[Start of Attachment]
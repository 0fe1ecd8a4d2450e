-- ===== src/Verify/Run.antt =====
-- `Run`, `runOne` and the data checks of pkg/verify/verify.go, and `resourceCount` of k8s.go.
pub mod Holds
pub mod Skipped
use fire_drill.Base.{
  ℕ, Bool, true, false, not, ◌&&◌, ◌||◌, List, [], ◌∷◌, Option, none, some, ℤ, pos, String, ok, err,
  Result, leb_ℤ, codes, all, leb, ◌==◌, ◌!=◌, nat_eq, string_eq, if◌then◌else◌, map,
}
use fire_drill.Spec.Document.{
  Check, ChecksumCheck, SmokeCheck, CanaryCheck, ResourceCountCheck, RowCountCheck, FreshnessCheck,
  smoke_statement, canary_statement,
}
use fire_drill.Spec.Checks.{known_resource}
use fire_drill.Verify.Types.{
  EngineError, Engine, Cluster, Context, Detail, CheckResult, result, no_checksum_dialect,
  restore_error, restore_completed, age_of, restore_skipped, no_engine, query_failed, rows_min,
  bad_identifier, no_dialect, checksum_expected, checksum_is, bad_expect_rows, rows_expect,
  sentinel_mismatch, sentinel_intact, no_cluster, unsupported_kind, listing_kind, count_min,
  unrecognized,
}
use fire_drill.Verify.Rows.{eval_rows}
use fire_drill.Verify.Pods.{pods_ready}

-- `identRe`, `^[a-zA-Z_][a-zA-Z0-9_.]*$`.
abbrev is_letter : ℕ → Bool
is_letter c = (leb b'a' c && leb c b'z') || (leb b'A' c && leb c b'Z') || c == b'_'

abbrev ident : List ℕ → Bool
ident [] = false
ident (c ∷ cs) = is_letter c && all (λ d. is_letter d || (leb b'0' d && leb d b'9') || d == b'.') cs

unfoldable pub ident_re : String → Bool
ident_re s = ident (codes s)

unfoldable pub data_check : Context → String → CheckResult → CheckResult
data_check dc name run = elim dc.restore_err [
  | none ↦ run
  | some e ↦ record { name = name; passed = false; detail = restore_skipped; skipped = true }
]

unfoldable pub require_engine : Option Engine → String → (Engine → CheckResult) → CheckResult
require_engine none name run = result name false no_engine
require_engine (some eng) name run = run eng

unfoldable pub row_count : RowCountCheck → Engine → CheckResult
row_count c eng = elim (eng.count c.query) [
  | err e ↦ result "rowCount" false (query_failed e)
  | ok n ↦ result "rowCount" (leb_ℤ c.min n) (rows_min n c.min)
]

abbrev checksum_error : EngineError → Detail
checksum_error no_checksum_dialect = no_dialect
checksum_error e = query_failed e

unfoldable pub checksum : ChecksumCheck → Engine → CheckResult
checksum c eng =
    if not (ident_re c.table) || not (ident_re c.column)
    then result "checksum" false bad_identifier
    else elim (eng.checksum c.table c.column) [
      | err e ↦ result "checksum" false (checksum_error e)
      | ok sum ↦
          if c.expect != "" && sum != c.expect
          then result "checksum" false (checksum_expected c.table c.column sum c.expect)
          else result "checksum" true (checksum_is c.table c.column sum)
    ]

abbrev pub expected_rows : SmokeCheck → String
expected_rows c = if c.expect_rows == "" then ">=1" else c.expect_rows

unfoldable pub smoke : SmokeCheck → Engine → CheckResult
smoke c eng = elim (eng.rows (smoke_statement c)) [
  | err e ↦ result "smoke" false (query_failed e)
  | ok n ↦ elim (eval_rows n (expected_rows c)) [
    | err e ↦ result "smoke" false (bad_expect_rows e)
    | ok fits ↦ result "smoke" fits (rows_expect n (expected_rows c))
  ]
]

unfoldable pub canary : CanaryCheck → Engine → CheckResult
canary c eng = elim (eng.scalar (canary_statement c)) [
  | err e ↦ result "canary" false (query_failed e)
  | ok got ↦
      if got != c.expect
      then result "canary" false sentinel_mismatch
      else result "canary" true sentinel_intact
]

unfoldable pub resource_count : Option Cluster → String → ResourceCountCheck → CheckResult
resource_count none namespace c = result "resourceCount" false no_cluster
resource_count (some k) namespace c =
    if known_resource c.kind
    then elim (k.count c.kind namespace) [
      | err e ↦ result "resourceCount" false (listing_kind c.kind e)
      | ok n ↦ result "resourceCount" (leb_ℤ c.min (pos n)) (count_min n c.kind c.min)
    ]
    else result "resourceCount" false (unsupported_kind c.kind)

unfoldable pub restore_succeeded : Context → CheckResult
restore_succeeded dc = elim dc.restore_err [
  | none ↦ result "restoreSucceeded" true restore_completed
  | some e ↦ result "restoreSucceeded" false (restore_error e)
]

unfoldable pub freshness : FreshnessCheck → Context → CheckResult
freshness c dc = result "freshness" (leb_ℤ dc.backup_age c.max_age) (age_of dc.backup_age c.max_age)

-- A case of the `switch` on the fields that are set, and the cases after it.
abbrev pub on : {A : Type 0} → Option A → (A → CheckResult) → CheckResult → CheckResult
on none run rest = rest
on (some a) run rest = run a

unfoldable pub run_one : Option Engine → Check → Context → CheckResult
run_one eng c dc =
    on c.restore_succeeded (λ _. restore_succeeded dc)
      (on c.freshness (λ f. freshness f dc)
        (on c.row_count
          (λ r. data_check dc "rowCount" (require_engine eng "rowCount" (row_count r)))
          (on c.checksum
            (λ s. data_check dc "checksum" (require_engine eng "checksum" (checksum s)))
            (on c.smoke (λ s. data_check dc "smoke" (require_engine eng "smoke" (smoke s)))
              (on c.canary (λ s. data_check dc "canary" (require_engine eng "canary" (canary s)))
                (on c.pods_ready (λ p. data_check dc "podsReady" (pods_ready dc.k8s dc.namespace p))
                  (on c.resource_count
                    (λ r. data_check dc "resourceCount" (resource_count dc.k8s dc.namespace r))
                    (result "unknown" false unrecognized))))))))

unfoldable pub run : Option Engine → List Check → Context → List CheckResult
run eng checks dc = map (λ c. run_one eng c dc) checks
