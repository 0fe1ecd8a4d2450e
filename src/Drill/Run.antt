-- ===== src/Drill/Run.antt =====
-- `Run` and `RunAll` of pkg/drill/drill.go, and `runVelero` of velero.go. Progress lines are left
-- out; a failure of the teardown is a warning, and shows in whether the sandbox was destroyed.

pub mod Trace
pub mod Truth
use fire_drill.Base.{
  ok, err, Result, ℕ, ℤ, pos, Bool, true, false, List, [], ◌∷◌, ◌++◌, Option, none, some, String,
  ◌==◌, ◌!=◌, string_eq, if◌then◌else◌, time_sub, map,
}
use Prim.Native.String.{◌++◌ as cat}
use fire_drill.Spec.Document.{Drill, Check}
use fire_drill.Verify.Types.{Engine, Cluster, Context, CheckResult}
use fire_drill.Verify.Engine.{new_sql}
use fire_drill.Verify.Run
use fire_drill.Source.Backup.{Backup}
use fire_drill.Report.Evidence.{Evidence}
use fire_drill.Drill.World.{
  World, Options, SandboxConfig, RestoreResult, Restored, SqlPath, VerifyPath, verifier,
  sql_capable, no_path, Driver, VeleroDrill, Event, Stop, RunError, unknown_driver, fetching,
  provisioning, connecting, no_verification, preparing, fetched, provisioned, restored, connected,
  closed, destroyed, cleaned,
}
use fire_drill.Drill.Steps.{Step, ◌>>=◌, ◌>>◌, pure, emit, attempt, deferring}
use fire_drill.Drill.Finalize.{finalize}

-- An error before there is evidence to return.
abbrev bare : (String → RunError) → String → Stop
bare wrap msg = record { evidence = none; path = ""; error = wrap msg }

abbrev pub start_evidence : World → Drill → Options → Evidence
start_evidence w d opts = record {
  drill = d.metadata.name;
  tool = cat "firedrill " opts.version;
  started_at = w.started_at;
  finished_at = 0;
  backup = record {
    uri = "";
    mod_time = 0;
    age = pos 0;
    bytes = pos 0;
    resolved_uri = "";
    encryption = "";
    compression = "";
    uncompressed_bytes = pos 0;
  };
  objectives = record { rto = d.spec.objectives.rto; rpo = d.spec.objectives.rpo };
  measured = record { restore = pos 0; rto_met = false; rpo_met = false };
  sandbox = record {
    provider = d.spec.sandbox.provider;
    image = d.spec.sandbox.image;
    destroyed = false;
  };
  checks = [];
  controls = d.spec.report.controls;
  verified = false;
  error = none;
}

abbrev pub with_backup : String → Backup → ℤ → Evidence → Evidence
with_backup uri b age e = record e {
  backup = record {
    uri = uri;
    mod_time = b.mod_time;
    age = age;
    bytes = b.size;
    resolved_uri = if b.resolved_uri != uri then b.resolved_uri else "";
    encryption = b.encryption;
    compression = b.compression;
    uncompressed_bytes = b.uncompressed_bytes;
  };
}

-- `res` may be nil: then nothing was measured.
abbrev pub duration_of : Option RestoreResult → ℤ
duration_of none = pos 0
duration_of (some r) = r.duration

abbrev pub measure : Option RestoreResult → Evidence → Evidence
measure r e = record e { measured = record e.measured { restore = duration_of r } }

abbrev pub with_checks : List CheckResult → Evidence → Evidence
with_checks rs e = record e { checks = rs }

abbrev pub with_fate : Bool → Evidence → Evidence
with_fate gone e = record e { sandbox = record e.sandbox { destroyed = gone } }

unfoldable pub get_driver : List Driver → String → Result String Driver
get_driver [] name = err name
get_driver (r ∷ rs) name = if r.name == name then ok r else get_driver rs name

abbrev pub dsn_of : SqlPath → Option RestoreResult → String
dsn_of s none = s.dsn
dsn_of s (some r) = if r.dsn != "" then r.dsn else s.dsn

-- The engine that the checks are asked of, with whether a connection is to be closed: none after
-- a failed restore.
unfoldable pub find_engine : Driver → Restored → Result Stop (Option Engine × Bool)
find_engine drv res = elim res.error [
  | some _ ↦ ok (none, false)
  | none ↦ elim drv.verify_path [
    | verifier eng ↦ ok (some eng, false)
    | sql_capable s ↦ elim (s.open_db (dsn_of s res.result)) [
      | err e ↦ err (bare connecting e)
      | ok db ↦ ok (new_sql (some db) (some s.dialect), true)
    ]
    | no_path ↦ err (bare no_verification drv.name)
  ]
]

abbrev pub drill_context : Drill → Restored → ℤ → Option Cluster → String → Context
drill_context d res age k8s ns = record {
  restore_err = res.error;
  backup_age = age;
  rto = d.spec.objectives.rto;
  k8s = k8s;
  namespace = ns;
}

-- The checks, the explicit teardown and `finalize`.
unfoldable pub verify_and_finish :
    World
    → Drill
    → Options
    → Evidence
    → Restored
    → ℤ
    → Option Engine
    → Option Cluster
    → String
    → Step (Evidence × String)
verify_and_finish w d opts e res age eng k8s ns =
    let results = Run.run eng d.spec.verify (drill_context d res age k8s ns) in
    do
      emit destroyed
      finalize w d opts (with_fate w.was_destroyed (with_checks results e)) res.error
          (duration_of res.result) age

-- A connection that was opened is closed when the drill returns.
unfoldable pub with_engine :
    World
    → Drill
    → Options
    → Evidence
    → Restored
    → ℤ
    → Option Engine × Bool
    → Step (Evidence × String)
with_engine w d opts e res age (eng, true) =
    deferring closed (emit connected >> verify_and_finish w d opts e res age eng none "")
with_engine w d opts e res age (eng, false) = verify_and_finish w d opts e res age eng none ""

-- From the provisioned sandbox on.
unfoldable pub in_sandbox :
    World → Drill → Options → Driver → Backup → ℤ → Evidence → Step (Evidence × String)
in_sandbox w d opts drv b age e =
    let res = drv.restore b.path d.spec.source in
    do
      emit restored
      found ← attempt (find_engine drv res) (λ stop. stop)
      with_engine w d opts (measure res.result e) res age found

unfoldable pub provision : World → String → SandboxConfig → Result String (Unit {0})
provision w provider cfg =
    if provider == "docker"
    then w.docker cfg
    else if provider == "kubernetes"
    then w.kubernetes cfg
    else err provider

abbrev pub sandbox_config : Drill → SandboxConfig
sandbox_config d = record {
  image = d.spec.sandbox.image;
  ttl = d.spec.sandbox.ttl;
  name = d.metadata.name;
  namespace = d.spec.sandbox.namespace;
  cold_start = d.spec.source.format == "basebackup";
}

unfoldable pub with_artifact : World → Drill → Options → Driver → Backup → Step (Evidence × String)
with_artifact w d opts drv b =
    let age = time_sub w.fetched_at b.mod_time in
    let e = with_backup d.spec.source.source_from.uri b age (start_evidence w d opts) in
    do
      attempt (provision w d.spec.sandbox.provider (sandbox_config d)) (bare provisioning)
      emit provisioned
      deferring destroyed (in_sandbox w d opts drv b age e)

unfoldable pub run_engine : World → Drill → Options → Step (Evidence × String)
run_engine w d opts = do
  drv ← attempt (get_driver w.registry d.spec.source.driver) (bare unknown_driver)
  b ← attempt (w.fetch d.spec.source.source_from) (bare fetching)
  emit fetched
  deferring cleaned (with_artifact w d opts drv b)

-- The facts about a Velero backup that `runVelero` sets.
abbrev pub with_velero : World → Drill → VeleroDrill → Evidence → Evidence
with_velero w d v e = record e {
  backup = record e.backup {
    uri = cat "velero://" (
        cat d.spec.source.source_from.backup
          (cat " (namespace " (cat d.spec.source.source_from.namespace ")")));
    mod_time = w.velero_mod_time;
    age = v.backup_age;
  };
  sandbox = record e.sandbox { image = cat "namespace:" v.target_ns };
}

unfoldable pub in_namespace : World → Drill → Options → VeleroDrill → Step (Evidence × String)
in_namespace w d opts v =
    let e = with_velero w d v (start_evidence w d opts) in
    do
      emit restored
      verify_and_finish w d opts (measure v.restore.result e) v.restore v.backup_age none
          (some v.cluster) v.target_ns

unfoldable pub run_velero : World → Drill → Options → Step (Evidence × String)
run_velero w d opts =
    let from = d.spec.source.source_from in
    do
      v ←
          attempt (w.prepare d.metadata.name from.backup from.namespace d.spec.sandbox.ttl)
            (bare preparing)
      emit provisioned
      deferring destroyed (in_namespace w d opts v)

unfoldable pub run : World → Drill → Options → Step (Evidence × String)
run w d opts = if d.spec.source.driver == "velero" then run_velero w d opts else run_engine w d opts

-- `report.Outcome` of pkg/report/scorecard.go.
pub record Outcome : Type 0 where
  pub drill : String
  pub evidence : Option Evidence
  pub evidence_path : String
  pub error : Option RunError

abbrev pub outcome_of : String → Result Stop (Evidence × String) → Outcome
outcome_of name (ok (e, path)) = record {
  drill = name;
  evidence = some e;
  evidence_path = path;
  error = none;
}
outcome_of name (err s) = record {
  drill = name;
  evidence = s.evidence;
  evidence_path = s.path;
  error = some s.error;
}

-- Each drill meets the world as it is when its turn comes.
unfoldable pub run_all : List (World × Drill) → Options → List Outcome
run_all drills opts = map (λ (w, d). outcome_of d.metadata.name (run w d opts).outcome) drills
[End of Attachment]
EXERCISE » Please give the number of lines in the data where "connecting" appears, without any other words.

TASK ANSWER » 2